Segment Start: Records for processing

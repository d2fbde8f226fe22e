-- ===== src/Color/Words.antt =====
-- The 32-bit number of a colour and back.
use cpp_essence.Prelude.{ℕ, ◌^◌, ◌<◌, ◌≡◌, refl, Bool, ◌&&◌, true, List, [], ◌∷◌, arith, ltb, All}
use cpp_essence.Color.{ArgbColor, IsColor, to_uint32, make_argb_color}
use cpp_essence.Color.Predefined.{NamedColor, argb_colors}

-- For channels of eight bits and numbers below 2 ^ 32, the conversion to a number and
-- `make_argb_color` undo each other, both ways.
pub make_argb_color-to_uint32 :
    (c : ArgbColor) (n : ℕ)
    → IsColor c
    → n < 2 ^ 32
    → (make_argb_color (to_uint32 c) ≡ c) × (to_uint32 (make_argb_color n) ≡ n)
unfolding to_uint32 make_argb_color
make_argb_color-to_uint32 c n h k = ground arith

abbrev is_opaque_color : ArgbColor → Bool
is_opaque_color c = ltb c.r 256 && ltb c.g 256 && ltb c.b 256 && ltb 254 c.alpha && ltb c.alpha 256

abbrev all_opaque : List NamedColor → Bool
all_opaque [] = true
all_opaque (x ∷ xs) = is_opaque_color x.color && all_opaque xs

all_opaque-read :
    (xs : List NamedColor)
    → all_opaque xs ≡ true
    → All (λ (x : NamedColor). IsColor x.color × (x.color.alpha ≡ 255)) xs
all_opaque-read [] h = tt
all_opaque-read (x ∷ xs) h = (
  (
    record {
      r_is = ground arith;
      g_is = ground arith;
      b_is = ground arith;
      alpha_is = ground arith;
    },
    ground arith,
  ),
  all_opaque-read xs (ground arith),
)

-- Every predefined colour has channels of eight bits and is opaque.
pub argb_colors-IsColor :
    All (λ (x : NamedColor). IsColor x.color × (x.color.alpha ≡ 255)) argb_colors
argb_colors-IsColor = all_opaque-read argb_colors refl
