-- ===== src/Crypto.antt =====
-- Chunk processors: src/crypto.
pub mod Digest
pub mod Pipeline
pub mod Spans
pub mod Chain
pub mod BufferSize
pub mod Ostream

Segment End: Records for processing

● The problem
The line above containing "unfolding to_uint32 make_argb_color", the line containing "-- Every predefined", and every line between them are to be transcribed exactly; no other line is wanted.

● Answer below
unfolding to_uint32 make_argb_color
make_argb_color-to_uint32 c n h k = ground arith

abbrev is_opaque_color : ArgbColor → Bool
is_opaque_color c = ltb c.r 256 && ltb c.g 256 && ltb c.b 256 && ltb 254 c.alpha && ltb c.alpha 256

abbrev all_opaque : List NamedColor → Bool
all_opaque [] = true
all_opaque (x ∷ xs) = is_opaque_color x.color && all_opaque xs

all_opaque-read :
    (xs : List NamedColor)
    → all_opaque xs ≡ true
    → All (λ (x : NamedColor). IsColor x.color × (x.color.alpha ≡ 255)) xs
all_opaque-read [] h = tt
all_opaque-read (x ∷ xs) h = (
  (
    record {
      r_is = ground arith;
      g_is = ground arith;
      b_is = ground arith;
      alpha_is = ground arith;
    },
    ground arith,
  ),
  all_opaque-read xs (ground arith),
)

-- Every predefined colour has channels of eight bits and is opaque.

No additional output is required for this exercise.